# Importing And Customs



## Alawhie (30/11/13)

So guys, I heard about this site called Inawera Flavours. Had a look at their prices for Nic base and concentrates, and it seemed good. Even their shipping prices seemed to be somewhat low in comparison to what you'd pay with other vendors. My question... Are run-in's with customs common with importing things such as nic base? Or should they allow small quantities through without any hassle?

Reactions: Like 1


----------



## ET (30/11/13)

you have a greater chance of customs not inspecting small orders but from the quick look i had the difference isn't all that much price wise.

Reactions: Like 2


----------



## Alawhie (30/11/13)

The cheapest I've come by thusfar are:
*this one
*NicVape
*LT-ecigs
As a student, you're always looking for the best price that you can get on something lol. That "not much of a difference" can be quite a difference to us. What would your honest opinion be on the local prices of DIY supplies?


----------



## Andre (30/11/13)

Alawhie said:


> So guys, I heard about this site called Inawera Flavours. Had a look at their prices for Nic base and concentrates, and it seemed good. Even their shipping prices seemed to be somewhat low in comparison to what you'd pay with other vendors. My question... Are run-in's with customs common with importing things such as nic base? Or should they allow small quantities through without any hassle?


You always run some risk.
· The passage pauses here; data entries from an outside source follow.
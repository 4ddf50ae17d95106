-- ===== src/Probes/Simulator.antt =====
-- `run_simulator_probe` of probe_manager.rs.
use daemon_choir.Base.{
  ℕ, ◌+◌, ◌/◌, ◌%◌, Option, none, some, String, List, [], ◌∷◌, ◌++◌, if◌then◌else◌, ◌==◌, add64,
  codes, ◌>>=◌,
}
use daemon_choir.Float.{F64}
use daemon_choir.Events.{ProbeId, RawEvent, EventPayload}
use daemon_choir.Events.Hash.{fnv1a_64}
use daemon_choir.Sync.{Sender, TrySend}
use daemon_choir.Probes.{by_name}
use daemon_choir.Probes.Pump.{Counters, count_result}

-- `format!("worker-{}", n % 4)`, as bytes
unfoldable pub worker : ℕ → List ℕ
worker n = codes "worker-" ++ ((b'0' + n % 4) ∷ [])

unfoldable pub mem_pressure_payload : ℕ → EventPayload
mem_pressure_payload counter =
    let cycle = counter % 20 in
    let pages = if cycle == 0 then 256 else if cycle == 5 then 64 else 0 in
    EventPayload.mem_pressure (record { pages_reclaimed = pages; zone = 1 })

-- the event of a command of the user 1000
abbrev user_process : String → EventPayload
user_process comm =
    EventPayload.proc_lifecycle (record { comm_hash = fnv1a_64 (codes comm); uid_hash = 1000 })

-- `none` is `continue`, where `comm.is_empty()`
unfoldable pub proc_lifecycle_payload : ℕ → Option EventPayload
proc_lifecycle_payload counter =
    let cycle = counter % 30 in
    if cycle == 15
    then some (user_process "sh")
    else if cycle == 28
    then some (user_process "cargo")
    else none

-- the `probe` of the event
unfoldable pub simulated_probe : String → Option ProbeId
simulated_probe name =
    by_name name (some ProbeId.cpu_sched) (some ProbeId.mem_pressure) (some ProbeId.net_io)
      (some ProbeId.proc_lifecycle) none

module _ (F : Type 0) ⦃f : F64 F⦄ where
  -- `match name.as_str()`, where `none` is `continue`, at the given `counter`
  unfoldable pub cpu_sched_payload : ℕ → EventPayload
  unfolding worker
  cpu_sched_payload counter =
      let load_factor =
        f.add (f.mul (f.sin (f.mul (f.of_nat counter) (f.lit 1 1))) (f.lit 5 1)) (f.lit 5 1) in
      EventPayload.cpu_sched (record {
        prev_comm_hash = fnv1a_64 (worker counter);
        next_comm_hash = fnv1a_64 (worker (add64 counter 1));
        latency_ns = f.to_u64 (f.add (f.of_nat 1000) (f.mul load_factor (f.of_nat 8000)));
        cpu_id = counter % 8;
      })

  unfoldable pub net_io_payload : ℕ → EventPayload
  net_io_payload counter =
      let sin_val = f.sin (f.mul (f.of_nat counter) (f.lit 5 2)) in
      EventPayload.net_io (record {
        bytes_tx = f.to_u64 (f.add (f.of_nat 1000) (f.mul sin_val (f.of_nat 800)));
        bytes_rx = f.to_u64 (f.add (f.of_nat 1200) (f.mul sin_val (f.of_nat 900)));
        dev_name_hash = fnv1a_64 (codes "eth0");
      })

  -- `match name.as_str()` at the given `counter`; `none` is `continue`
  unfoldable pub simulated_payload : String → ℕ → Option EventPayload
  unfolding cpu_sched_payload mem_pressure_payload net_io_payload proc_lifecycle_payload
  simulated_payload name counter =
      by_name name (some (cpu_sched_payload counter)) (some (mem_pressure_payload counter))
        (some (net_io_payload counter)) (proc_lifecycle_payload counter) none

  unfoldable pub simulated_event : String → ℕ → ℕ → Option RawEvent
  unfolding simulated_payload simulated_probe
  simulated_event name counter now_ns = do
    payload ← simulated_payload name counter
    probe ← simulated_probe name
    some (record { probe = probe; timestamp_ns = now_ns; payload = payload })

-- whether the loop of `run_simulator_probe` goes on after a round
pub data Round (Tx : Type 0) : Type 0 where
  continues : Counters Tx → Round Tx
  breaks : Counters Tx → Round Tx

abbrev pub counters : {Tx : Type 0} → Round Tx → Counters Tx
counters (continues c) = c
counters (breaks c) = c

module _ {Tx : Type 0} ⦃tx : Sender RawEvent Tx⦄ where
  -- `match tx.try_send(event)`, where a closed channel ends the loop and counts nothing
  unfoldable pub match_result : TrySend → ℕ → Counters Tx → Round Tx
  unfolding count_result
  match_result TrySend.closed now_us c = breaks c
  match_result t now_us c = continues (count_result t now_us c)

module _ (F : Type 0) ⦃f : F64 F⦄ {Tx : Type 0} ⦃tx : Sender RawEvent Tx⦄ where
  -- one round of the loop, at the counter and time given
  unfoldable pub simulate_one : String → ℕ → ℕ → Counters Tx → Round Tx
  unfolding match_result simulated_event
  simulate_one name counter now_ns c = elim (simulated_event F name counter now_ns) [
    | none ↦ continues c
    | some event ↦
        match_result (tx.try_send c.tx event).0 (now_ns / 1000)
          (record c { tx = (tx.try_send c.tx event).1 })
  ]

  -- the loop, on the times of its rounds until it sees the shutdown
  unfoldable pub simulate : String → ℕ → Counters Tx → List ℕ → Counters Tx
  unfolding simulate_one
  simulate name counter c [] = c
  simulate name counter c (now_ns ∷ rest) = elim (simulate_one name (add64 counter 1) now_ns c) [
    | continues c' ↦ simulate name (add64 counter 1) c' rest
    | breaks c' ↦ c'
  ]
Does help if the vendor marks your bottles and parcel customs friendly.

Reactions: Like 2


----------



## Silver (30/11/13)

Question to those that have ordered from international suppliers:

How many have been stopped and searched by customs, but you still got it after paying duties etc
How many were destroyed or you lost it?

Are we talking 1 out of 3 or 1 out of 10. What sort of odds?

Reactions: Like 1


----------



## Alawhie (30/11/13)

I noticed that they nailed stroodlepuff heavily on duties. Over R1k on nic base which initially cost him under R900. Anyone else have experiences as such with getting nic base from abroad?


----------



## Stroodlepuff (30/11/13)

Yip they hit me hard! Got stopped by customs and went into port of health and all sorts of other crap! got another one though from House Of Liquid in the UK that got through fine. Just check the companies carefully - alot of them will mark the package as something other than what it is for you - I requested this from MT Baker Vaper but they never did it 

You win some you lose some

Reactions: Like 3


----------